### Input material

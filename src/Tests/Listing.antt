-- ===== src/Tests/Listing.antt =====
-- A listing with a stat line for each name, and one that tries to lead out of the directory.
use py_xroot_dclient.Base.{Bytes, [], ◌∷◌, refl, ◌≡◌, true, some, All}
use py_xroot_dclient.Base.Int.{pos, negsuc}
use py_xroot_dclient.Base.Text.{codes}
use py_xroot_dclient.Proto.Responses.Listing.{
  parse_dirlist, DirEntry, plain_entries, stat_entries, stat_entry, filled_lines, checked,
  stat_fields, stat_of_words, int_of, int_digits, int_step, words, cksum_token, entry_path,
  rstrip_of, lstrip_space, before_last, after_last,
}
use py_xroot_dclient.Proto.Text.{split, before_sep, after_sep, has_sep}
use py_xroot_dclient.Proto.Responses.Listing.Names.{parse_dirlist-IsEntryOf, IsEntryOf}
use py_xroot_dclient.Url.{lower}
use py_xroot_dclient.Errors.{ok, err, protocol_error}

abbrev with_digest : Bytes
with_digest = codes ".\n0 0 0 0\nf\n1 2 3 -4 [ CRC32C:ab ]\n"

abbrev f_entry : DirEntry
f_entry = record {
  name = codes "f";
  parent = codes "/d";
  stat = some (record {
    id = codes "1";
    st_size = pos 2;
    flags = pos 3;
    st_mtime = negsuc 3;
    st_ctime = negsuc 3;
    st_atime = negsuc 3;
    path = codes "/d/f";
  });
  checksum = some (record { algorithm = codes "crc32c"; value = codes "ab" });
}

parse_dirlist_run : parse_dirlist with_digest (codes "/d") true ≡ ok (f_entry ∷ [])
unfolding parse_dirlist plain_entries stat_entries stat_entry filled_lines checked stat_fields
    stat_of_words int_of int_digits int_step words cksum_token entry_path rstrip_of lstrip_space
    before_last after_last split before_sep after_sep has_sep lower
parse_dirlist_run = refl

hostile_run : parse_dirlist (codes "a\n../x\n") (codes "/d") true ≡ err protocol_error
unfolding parse_dirlist plain_entries stat_entries stat_entry filled_lines checked stat_fields
    stat_of_words int_of int_digits int_step words cksum_token entry_path rstrip_of lstrip_space
    before_last after_last split before_sep after_sep has_sep lower
hostile_run = refl

parse_dirlist-IsEntryOf_example : All (IsEntryOf (codes "/d")) (f_entry ∷ [])
unfolding parse_dirlist plain_entries stat_entries stat_entry filled_lines checked stat_fields
    stat_of_words int_of int_digits int_step words cksum_token entry_path rstrip_of lstrip_space
    before_last after_last split before_sep after_sep has_sep lower
parse_dirlist-IsEntryOf_example =
    parse_dirlist-IsEntryOf with_digest (codes "/d") true (f_entry ∷ []) refl
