-- ===== src/Tests/Session.antt =====
-- Fields and bodies of answers, security levels and the framing of a session at concrete inputs:
-- runs of src/xrd/proto/buffer.py, responses.py and machine.py, and of src/xrd/crypto/sigver.py.
use py_xroot_dclient.Proto.Frames.{decode_header}
use py_xroot_dclient.Proto.Machine.Framing.Progress.{parse-ne-out_of_fuel}
use py_xroot_dclient.Base.Int.{pos, negsuc}
use py_xroot_dclient.Proto.Machine.Framing.Chunks.{append_parsed, parse-append, Steady}
use py_xroot_dclient.Errors.{ok}
use py_xroot_dclient.Proto.Machine.Framing.Turns.{append}
use py_xroot_dclient.Crypto.Sigver.{is_signed, elem}
use py_xroot_dclient.Proto.Responses.Vector.{parse_readv, ReadVSegment}
use py_xroot_dclient.Proto.Constants.{kxr_rm, kxr_secstandard}
use py_xroot_dclient.Proto.Buffer.{pack_signed, pack_unsigned, be, of_be}
use py_xroot_dclient.Proto.Machine.State.{Env, Machine, Framer, new_machine, new_framer}
use py_xroot_dclient.Base.{Bytes, List, ◌∷◌, ◌≡◌, [], ◌≢◌, true, false, refl, none, suc}
use py_xroot_dclient.Proto.Machine.Framing.{
  parse, work, turn, out_of_fuel, choose, header_turn, body_turn,
}
use py_xroot_dclient.Proto.Responses.Vector.RoundTrip.{vector_wire, segment_wire, parse_readv-wire}

abbrev one_segment : List ReadVSegment
one_segment = record { fhandle = 1 ∷ 2 ∷ 3 ∷ 4 ∷ []; offset = pos 5; body = 7 ∷ 8 ∷ [] } ∷ []

abbrev one_segment_bytes : Bytes
one_segment_bytes = 1 ∷ 2 ∷ 3 ∷ 4 ∷ 0 ∷ 0 ∷ 0 ∷ 2 ∷ 0 ∷ 0 ∷ 0 ∷ 0 ∷ 0 ∷ 0 ∷ 0 ∷ 5 ∷ 7 ∷ 8 ∷ []

one_segment-wire : vector_wire one_segment ≡ ok one_segment_bytes
unfolding vector_wire segment_wire pack_signed be
one_segment-wire = refl

parse_readv-wire_example : parse_readv one_segment_bytes ≡ ok one_segment
parse_readv-wire_example =
    parse_readv-wire one_segment one_segment_bytes (refl, tt) one_segment-wire

pack-500 : pack_unsigned 2 500 ≡ ok (1 ∷ 244 ∷ [])
unfolding pack_unsigned be
pack-500 = refl

pack-negative : pack_signed 4 (negsuc 1) ≡ ok (255 ∷ 255 ∷ 255 ∷ 254 ∷ [])
unfolding pack_signed be
pack-negative = refl

is_signed-rm : is_signed kxr_rm kxr_secstandard [] ≡ true
unfolding is_signed elem
is_signed-rm = refl

abbrev pub plain_env : Env
plain_env = record {
  hmac = λ key message. message;
  select = λ sec. [];
  wait_cap = pos 60;
  pid = pos 1;
}

abbrev idle : Machine
idle = new_machine [] false [] none

-- The head of an answer and one byte of its body.
abbrev started : Framer
started = record new_framer { buffer = 0 ∷ 1 ∷ 0 ∷ 0 ∷ 0 ∷ 0 ∷ 0 ∷ 2 ∷ 5 ∷ [] }

started-Steady : Steady (suc (work started)) plain_env started idle
unfolding work turn choose header_turn body_turn decode_header of_be
started-Steady = (refl, tt)

parse-append_example :
    parse plain_env (append (6 ∷ []) started) idle
    ≡ append_parsed (6 ∷ []) plain_env (parse plain_env started idle)
parse-append_example = parse-append (6 ∷ []) plain_env started idle started-Steady

parse-ne-out_of_fuel_example : parse plain_env started idle ≢ out_of_fuel
parse-ne-out_of_fuel_example = parse-ne-out_of_fuel plain_env started idle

######

◆ **Description of the task**
Write the material out once more, keeping each line exact.

◆ **Answer to this problem**
filename src/Tests/Listing.antt
-- ===== src/Tests/Listing.antt =====
-- A listing with a stat line for each name, and one that tries to lead out of the directory.
use py_xroot_dclient.Base.{Bytes, [], ◌∷◌, refl, ◌≡◌, true, some, All}
use py_xroot_dclient.Base.Int.{pos, negsuc}
use py_xroot_dclient.Base.Text.{codes}
use py_xroot_dclient.Proto.Responses.Listing.{
  parse_dirlist, DirEntry, plain_entries, stat_entries, stat_entry, filled_lines, checked,
  stat_fields, stat_of_words, int_of, int_digits, int_step, words, cksum_token, entry_path,
  rstrip_of, lstrip_space, before_last, after_last,
}
use py_xroot_dclient.Proto.Text.{split, before_sep, after_sep, has_sep}
use py_xroot_dclient.Proto.Responses.Listing.Names.{parse_dirlist-IsEntryOf, IsEntryOf}
use py_xroot_dclient.Url.{lower}
use py_xroot_dclient.Errors.{ok, err, protocol_error}

abbrev with_digest : Bytes
with_digest = codes ".\n0 0 0 0\nf\n1 2 3 -4 [ CRC32C:ab ]\n"

abbrev f_entry : DirEntry
f_entry = record {
  name = codes "f";
  parent = codes "/d";
  stat = some (record {
    id = codes "1";
    st_size = pos 2;
    flags = pos 3;
    st_mtime = negsuc 3;
    st_ctime = negsuc 3;
    st_atime = negsuc 3;
    path = codes "/d/f";
  });
  checksum = some (record { algorithm = codes "crc32c"; value = codes "ab" });
}

parse_dirlist_run : parse_dirlist with_digest (codes "/d") true ≡ ok (f_entry ∷ [])
unfolding parse_dirlist plain_entries stat_entries stat_entry filled_lines checked stat_fields
    stat_of_words int_of int_digits int_step words cksum_token entry_path rstrip_of lstrip_space
    before_last after_last split before_sep after_sep has_sep lower
parse_dirlist_run = refl

hostile_run : parse_dirlist (codes "a\n../x\n") (codes "/d") true ≡ err protocol_error
unfolding parse_dirlist plain_entries stat_entries stat_entry filled_lines checked stat_fields
    stat_of_words int_of int_digits int_step words cksum_token entry_path rstrip_of lstrip_space
    before_last after_last split before_sep after_sep has_sep lower
hostile_run = refl

parse_dirlist-IsEntryOf_example : All (IsEntryOf (codes "/d")) (f_entry ∷ [])
unfolding parse_dirlist plain_entries stat_entries stat_entry filled_lines checked stat_fields
    stat_of_words int_of int_digits int_step words cksum_token entry_path rstrip_of lstrip_space
    before_last after_last split before_sep after_sep has_sep lower
parse_dirlist-IsEntryOf_example =
    parse_dirlist-IsEntryOf with_digest (codes "/d") true (f_entry ∷ []) refl
-- ===== src/Tests/Session.antt =====
-- Fields and bodies of answers, security levels and the framing of a session at concrete inputs:
-- runs of src/xrd/proto/buffer.py, responses.py and machine.py, and of src/xrd/crypto/sigver.py.
use py_xroot_dclient.Proto.Frames.{decode_header}
use py_xroot_dclient.Proto.Machine.Framing.Progress.{parse-ne-out_of_fuel}
use py_xroot_dclient.Base.Int.{pos, negsuc}
use py_xroot_dclient.Proto.Machine.Framing.Chunks.{append_parsed, parse-append, Steady}
use py_xroot_dclient.Errors.{ok}
use py_xroot_dclient.Proto.Machine.Framing.Turns.{append}
use py_xroot_dclient.Crypto.Sigver.{is_signed, elem}
use py_xroot_dclient.Proto.Responses.Vector.{parse_readv, ReadVSegment}
use py_xroot_dclient.Proto.Constants.{kxr_rm, kxr_secstandard}
use py_xroot_dclient.Proto.Buffer.{pack_signed, pack_unsigned, be, of_be}
use py_xroot_dclient.Proto.Machine.State.{Env, Machine, Framer, new_machine, new_framer}
use py_xroot_dclient.Base.{Bytes, List, ◌∷◌, ◌≡◌, [], ◌≢◌, true, false, refl, none, suc}
use py_xroot_dclient.Proto.Machine.Framing.{
  parse, work, turn, out_of_fuel, choose, header_turn, body_turn,
}
use py_xroot_dclient.Proto.Responses.Vector.RoundTrip.{vector_wire, segment_wire, parse_readv-wire}

abbrev one_segment : List ReadVSegment
one_segment = record { fhandle = 1 ∷ 2 ∷ 3 ∷ 4 ∷ []; offset = pos 5; body = 7 ∷ 8 ∷ [] } ∷ []

abbrev one_segment_bytes : Bytes
one_segment_bytes = 1 ∷ 2 ∷ 3 ∷ 4 ∷ 0 ∷ 0 ∷ 0 ∷ 2 ∷ 0 ∷ 0 ∷ 0 ∷ 0 ∷ 0 ∷ 0 ∷ 0 ∷ 5 ∷ 7 ∷ 8 ∷ []

one_segment-wire : vector_wire one_segment ≡ ok one_segment_bytes
unfolding vector_wire segment_wire pack_signed be
one_segment-wire = refl

parse_readv-wire_example : parse_readv one_segment_bytes ≡ ok one_segment
parse_readv-wire_example =
    parse_readv-wire one_segment one_segment_bytes (refl, tt) one_segment-wire

pack-500 : pack_unsigned 2 500 ≡ ok (1 ∷ 244 ∷ [])
unfolding pack_unsigned be
pack-500 = refl

pack-negative : pack_signed 4 (negsuc 1) ≡ ok (255 ∷ 255 ∷ 255 ∷ 254 ∷ [])
unfolding pack_signed be
pack-negative = refl

is_signed-rm : is_signed kxr_rm kxr_secstandard [] ≡ true
unfolding is_signed elem
is_signed-rm = refl

abbrev pub plain_env : Env
plain_env = record {
  hmac = λ key message. message;
  select = λ sec. [];
  wait_cap = pos 60;
  pid = pos 1;
}

abbrev idle : Machine
idle = new_machine [] false [] none

-- The head of an answer and one byte of its body.
abbrev started : Framer
started = record new_framer { buffer = 0 ∷ 1 ∷ 0 ∷ 0 ∷ 0 ∷ 0 ∷ 0 ∷ 2 ∷ 5 ∷ [] }

started-Steady : Steady (suc (work started)) plain_env started idle
unfolding work turn choose header_turn body_turn decode_header of_be
started-Steady = (refl, tt)

parse-append_example :
    parse plain_env (append (6 ∷ []) started) idle
    ≡ append_parsed (6 ∷ []) plain_env (parse plain_env started idle)
parse-append_example = parse-append (6 ∷ []) plain_env started idle started-Steady

parse-ne-out_of_fuel_example : parse plain_env started idle ≢ out_of_fuel
parse-ne-out_of_fuel_example = parse-ne-out_of_fuel plain_env started idle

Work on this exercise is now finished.